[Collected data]
******

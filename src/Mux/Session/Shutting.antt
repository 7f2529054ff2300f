-- ===== src/Mux/Session/Shutting.antt =====
-- Closing connections of a Mux (lib/nps_mux) keeps the others in their places.
use nps.Prelude.{
  ℕ, zero, suc, ◌<◌, ◌≡◌, ◌≢◌, refl, sym, ap, ◌∙◌, List, [], ◌∷◌, Bool, true, false, ◌⊎◌, inl, inr,
  length, get_or, set, get_or-set_ne, get_or-set_self, subst, arith, if_both,
}
use nps.Mux.Packet.{Payload, SetResult, ok, err, set_packet}
use nps.Mux.Session.ConnMap
use nps.Mux.Session.ConnMap.{In, get-delete_ne, get-connections}
use nps.Mux.Session.{
  Conn, new_conn, Mux, no_conn, conn_at, send_close, shut, close_process, close_conn, close_conns,
  close_open, close, send_result, send_info,
}
use nps.Mux.Session.Tracked.{
  IsOpen, Live, fewer-Distinct, kept_at, Located, queued, held, offered, mapped, Inv, Alike,
  Alike-Inv, same-Alike, send_packet-Alike, weaken,
}

-- The mux once the connection is shut and out of the map, before its muxConnClose is sent.
abbrev pub gone : Mux → ℕ → Mux
gone m c = record m {
  conns = set m.conns c (shut (conn_at m c));
  conn_map = ConnMap.delete m.conn_map (conn_at m c).id;
}

pub close_process-Alike : (m : Mux) (c : ℕ) → Alike (gone m c) (close_process m c)
unfolding close_process send_close
close_process-Alike m c =
    if_both (Alike (gone m c)) m.is_close (λ e. same-Alike (gone m c))
      λ e. send_packet-Alike (gone m c) _

pub open-lt-length :
    (cs : List Conn) (c : ℕ) → (get_or cs c no_conn).is_close ≡ false → c < length cs
unfolding new_conn
open-lt-length [] c o = ground (arith, o)
open-lt-length (k ∷ cs) zero o = omega arith
open-lt-length (k ∷ cs) (suc c) o = omega (arith, open-lt-length cs c o)

pub gone_self : (m : Mux) (c : ℕ) → IsOpen m c → (conn_at (gone m c) c).is_close ≡ true
unfolding conn_at shut
gone_self m c o =
    ap (λ k. k.is_close)
      (get_or-set_self m.conns c (shut (conn_at m c)) no_conn (open-lt-length m.conns c o))

pub gone_other : (m : Mux) (c d : ℕ) → d ≢ c → conn_at (gone m c) d ≡ conn_at m d
unfolding conn_at
gone_other m c d n = get_or-set_ne m.conns (shut (conn_at m c)) no_conn (λ e. n (sym e))

gone-ne : (m : Mux) (c d : ℕ) → IsOpen m c → IsOpen (gone m c) d → d ≢ c
gone-ne m c d oc od e =
    let closed = gone_self m c oc in absurd (cc (subst (IsOpen (gone m c)) e od, closed))

-- What is open once a connection is shut was open, and is another.
gone-open : (m : Mux) (c d : ℕ) → IsOpen m c → IsOpen (gone m c) d → IsOpen m d
gone-open m c d oc od = ap (λ k. k.is_close) (sym (gone_other m c d (gone-ne m c d oc od))) ∙ od

gone-id : (m : Mux) (c d : ℕ) → (conn_at (gone m c) d).id ≡ (conn_at m d).id
unfolding shut conn_at
gone-id m c d = kept_at m c (shut (conn_at m c)) (λ k. k.id) d refl

gone-Live : (m : Mux) (c d : ℕ) → IsOpen m c → Live (gone m c) d → Live m d
gone-Live m c d oc (inl o) = inl (gone-open m c d oc o)
gone-Live m c d oc (inr w) = inr w

gone-Inv : (m : Mux) (c : ℕ) (ps : List ℕ) → IsOpen m c → Inv m (c ∷ ps) → Inv (gone m c) ps
gone-Inv m c ps oc v = record {
  tracked = λ d od. found d od (v.tracked d (gone-open m c d oc od));
  distinct = fewer-Distinct m (gone m c) (λ d. gone-Live m c d oc) (gone-id m c) v.distinct;
  stops = v.stops;
  finished = v.finished;
}
  where
    found :
        (d : ℕ) → IsOpen (gone m c) d → In d (c ∷ ps) ⊎ Located m d → In d ps ⊎ Located (gone m c) d
    found d od (inl (inl e)) = absurd (gone-ne m c d oc od e)
    found d od (inl (inr p)) = inl p
    found d od (inr (queued h)) = inr (queued h)
    found d od (inr (held h)) = inr (held h)
    found d od (inr (offered e h)) = inr (offered e h)
    found d od (inr (mapped e h)) = inr (
        mapped e (
          ap (ConnMap.get (gone m c).conn_map) (gone-id m c d)
          ∙ get-delete_ne m.conn_map (conn_at m c).id (conn_at m d).id (λ same.
            gone-ne m c d oc od (v.distinct d c (inl (gone-open m c d oc od)) (inl oc) same))
          ∙ h))

-- A connection that was to be closed is closed.
pub close_conn-Inv : (m : Mux) (c : ℕ) (ps : List ℕ) → Inv m (c ∷ ps) → Inv (close_conn m c) ps
unfolding close_conn
close_conn-Inv m c ps v =
    if_both (λ k. Inv k ps) (conn_at m c).is_close
      (λ e. record {
        tracked = λ d od. elim (v.tracked d od) [
          | inl (inl same) ↦ absurd (cc (subst (IsOpen m) same od, e))
          | inl (inr p) ↦ inl p
          | inr l ↦ inr l
        ];
        distinct = v.distinct;
        stops = v.stops;
        finished = v.finished;
      })
      λ oc.
        Alike-Inv (gone m c) (close_process m c) ps (close_process-Alike m c) (gone-Inv m c ps oc v)

pub close_any-Inv : (m : Mux) (c : ℕ) (ps : List ℕ) → Inv m ps → Inv (close_conn m c) ps
close_any-Inv m c ps v = close_conn-Inv m c ps (weaken m c ps v)

pub close_conns-Inv : (m : Mux) (cs : List ℕ) → Inv m cs → Inv (close_conns m cs) []
unfolding close_conns
close_conns-Inv m [] v = v
close_conns-Inv m (c ∷ cs) v = close_conns-Inv (close_conn m c) cs (close_conn-Inv m c cs v)

close_open-Inv : (m : Mux) → m.is_close ≡ false → Inv m [] → Inv (close_open m) []
unfolding close_open conn_at
close_open-Inv m up v = close_conns-Inv _ (ConnMap.connections m.conn_map) record {
  tracked = λ c o. elim (v.tracked c o) [
    | inl p ↦ absurd p
    | inr (queued h) ↦ inr (queued h)
    | inr (held h) ↦ inr (held h)
    | inr (offered e h) ↦ absurd (cc (up, e))
    | inr (mapped e h) ↦ inl (get-connections m.conn_map (conn_at m c).id c h)
  ];
  distinct = v.distinct;
  stops = refl;
  finished = λ e. (refl, (v.finished e).1);
}

pub close-Inv : (m : Mux) → Inv m [] → Inv (close m).1 []
unfolding close
close-Inv m v =
    if_both (λ (r : Bool × Mux). Inv r.1 []) m.is_close (λ e. v) λ e. close_open-Inv m e v

send_result-Inv : (m : Mux) (r : SetResult) → Inv m [] → Inv (send_result m r).1 []
unfolding send_result
send_result-Inv m (ok p) v = Alike-Inv m _ [] (send_packet-Alike m p) v
send_result-Inv m (err e) v = close-Inv m v

pub send_info-Inv :
    (m : Mux) (flag id : ℕ) (d : Payload) → Inv m [] → Inv (send_info m flag id d).1 []
unfolding send_info
send_info-Inv m flag id d v = send_result-Inv m (set_packet flag id d) v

******

> _What to work on_: What is needed is an exact transcription of all the data.

> _Result_:
filename src/Mux/Session/Shutting.antt
repository 7f2529054ff2300f
-- ===== src/Mux/Session/Shutting.antt =====
-- Closing connections of a Mux (lib/nps_mux) keeps the others in their places.
use nps.Prelude.{
  ℕ, zero, suc, ◌<◌, ◌≡◌, ◌≢◌, refl, sym, ap, ◌∙◌, List, [], ◌∷◌, Bool, true, false, ◌⊎◌, inl, inr,
  length, get_or, set, get_or-set_ne, get_or-set_self, subst, arith, if_both,
}
use nps.Mux.Packet.{Payload, SetResult, ok, err, set_packet}
use nps.Mux.Session.ConnMap
use nps.Mux.Session.ConnMap.{In, get-delete_ne, get-connections}
use nps.Mux.Session.{
  Conn, new_conn, Mux, no_conn, conn_at, send_close, shut, close_process, close_conn, close_conns,
  close_open, close, send_result, send_info,
}
use nps.Mux.Session.Tracked.{
  IsOpen, Live, fewer-Distinct, kept_at, Located, queued, held, offered, mapped, Inv, Alike,
  Alike-Inv, same-Alike, send_packet-Alike, weaken,
}

-- The mux once the connection is shut and out of the map, before its muxConnClose is sent.
abbrev pub gone : Mux → ℕ → Mux
gone m c = record m {
  conns = set m.conns c (shut (conn_at m c));
  conn_map = ConnMap.delete m.conn_map (conn_at m c).id;
}

pub close_process-Alike : (m : Mux) (c : ℕ) → Alike (gone m c) (close_process m c)
unfolding close_process send_close
close_process-Alike m c =
    if_both (Alike (gone m c)) m.is_close (λ e. same-Alike (gone m c))
      λ e. send_packet-Alike (gone m c) _

pub open-lt-length :
    (cs : List Conn) (c : ℕ) → (get_or cs c no_conn).is_close ≡ false → c < length cs
unfolding new_conn
open-lt-length [] c o = ground (arith, o)
open-lt-length (k ∷ cs) zero o = omega arith
open-lt-length (k ∷ cs) (suc c) o = omega (arith, open-lt-length cs c o)

pub gone_self : (m : Mux) (c : ℕ) → IsOpen m c → (conn_at (gone m c) c).is_close ≡ true
unfolding conn_at shut
gone_self m c o =
    ap (λ k. k.is_close)
      (get_or-set_self m.conns c (shut (conn_at m c)) no_conn (open-lt-length m.conns c o))

pub gone_other : (m : Mux) (c d : ℕ) → d ≢ c → conn_at (gone m c) d ≡ conn_at m d
unfolding conn_at
gone_other m c d n = get_or-set_ne m.conns (shut (conn_at m c)) no_conn (λ e. n (sym e))

gone-ne : (m : Mux) (c d : ℕ) → IsOpen m c → IsOpen (gone m c) d → d ≢ c
gone-ne m c d oc od e =
    let closed = gone_self m c oc in absurd (cc (subst (IsOpen (gone m c)) e od, closed))

-- What is open once a connection is shut was open, and is another.
gone-open : (m : Mux) (c d : ℕ) → IsOpen m c → IsOpen (gone m c) d → IsOpen m d
gone-open m c d oc od = ap (λ k. k.is_close) (sym (gone_other m c d (gone-ne m c d oc od))) ∙ od

gone-id : (m : Mux) (c d : ℕ) → (conn_at (gone m c) d).id ≡ (conn_at m d).id
unfolding shut conn_at
gone-id m c d = kept_at m c (shut (conn_at m c)) (λ k. k.id) d refl

gone-Live : (m : Mux) (c d : ℕ) → IsOpen m c → Live (gone m c) d → Live m d
gone-Live m c d oc (inl o) = inl (gone-open m c d oc o)
gone-Live m c d oc (inr w) = inr w

gone-Inv : (m : Mux) (c : ℕ) (ps : List ℕ) → IsOpen m c → Inv m (c ∷ ps) → Inv (gone m c) ps
gone-Inv m c ps oc v = record {
  tracked = λ d od. found d od (v.tracked d (gone-open m c d oc od));
  distinct = fewer-Distinct m (gone m c) (λ d. gone-Live m c d oc) (gone-id m c) v.distinct;
  stops = v.stops;
  finished = v.finished;
}
  where
    found :
        (d : ℕ) → IsOpen (gone m c) d → In d (c ∷ ps) ⊎ Located m d → In d ps ⊎ Located (gone m c) d
    found d od (inl (inl e)) = absurd (gone-ne m c d oc od e)
    found d od (inl (inr p)) = inl p
    found d od (inr (queued h)) = inr (queued h)
    found d od (inr (held h)) = inr (held h)
    found d od (inr (offered e h)) = inr (offered e h)
    found d od (inr (mapped e h)) = inr (
        mapped e (
          ap (ConnMap.get (gone m c).conn_map) (gone-id m c d)
          ∙ get-delete_ne m.conn_map (conn_at m c).id (conn_at m d).id (λ same.
            gone-ne m c d oc od (v.distinct d c (inl (gone-open m c d oc od)) (inl oc) same))
          ∙ h))

-- A connection that was to be closed is closed.
pub close_conn-Inv : (m : Mux) (c : ℕ) (ps : List ℕ) → Inv m (c ∷ ps) → Inv (close_conn m c) ps
unfolding close_conn
close_conn-Inv m c ps v =
    if_both (λ k. Inv k ps) (conn_at m c).is_close
      (λ e. record {
        tracked = λ d od. elim (v.tracked d od) [
          | inl (inl same) ↦ absurd (cc (subst (IsOpen m) same od, e))
          | inl (inr p) ↦ inl p
          | inr l ↦ inr l
        ];
        distinct = v.distinct;
        stops = v.stops;
        finished = v.finished;
      })
      λ oc.
        Alike-Inv (gone m c) (close_process m c) ps (close_process-Alike m c) (gone-Inv m c ps oc v)

pub close_any-Inv : (m : Mux) (c : ℕ) (ps : List ℕ) → Inv m ps → Inv (close_conn m c) ps
close_any-Inv m c ps v = close_conn-Inv m c ps (weaken m c ps v)

pub close_conns-Inv : (m : Mux) (cs : List ℕ) → Inv m cs → Inv (close_conns m cs) []
unfolding close_conns
close_conns-Inv m [] v = v
close_conns-Inv m (c ∷ cs) v = close_conns-Inv (close_conn m c) cs (close_conn-Inv m c cs v)

close_open-Inv : (m : Mux) → m.is_close ≡ false → Inv m [] → Inv (close_open m) []
unfolding close_open conn_at
close_open-Inv m up v = close_conns-Inv _ (ConnMap.connections m.conn_map) record {
  tracked = λ c o. elim (v.tracked c o) [
    | inl p ↦ absurd p
    | inr (queued h) ↦ inr (queued h)
    | inr (held h) ↦ inr (held h)
    | inr (offered e h) ↦ absurd (cc (up, e))
    | inr (mapped e h) ↦ inl (get-connections m.conn_map (conn_at m c).id c h)
  ];
  distinct = v.distinct;
  stops = refl;
  finished = λ e. (refl, (v.finished e).1);
}

pub close-Inv : (m : Mux) → Inv m [] → Inv (close m).1 []
unfolding close
close-Inv m v =
    if_both (λ (r : Bool × Mux). Inv r.1 []) m.is_close (λ e. v) λ e. close_open-Inv m e v

send_result-Inv : (m : Mux) (r : SetResult) → Inv m [] → Inv (send_result m r).1 []
unfolding send_result
send_result-Inv m (ok p) v = Alike-Inv m _ [] (send_packet-Alike m p) v
send_result-Inv m (err e) v = close-Inv m v

pub send_info-Inv :
    (m : Mux) (flag id : ℕ) (d : Payload) → Inv m [] → Inv (send_info m flag id d).1 []
unfolding send_info
send_info-Inv m flag id d v = send_result-Inv m (set_packet flag id d) v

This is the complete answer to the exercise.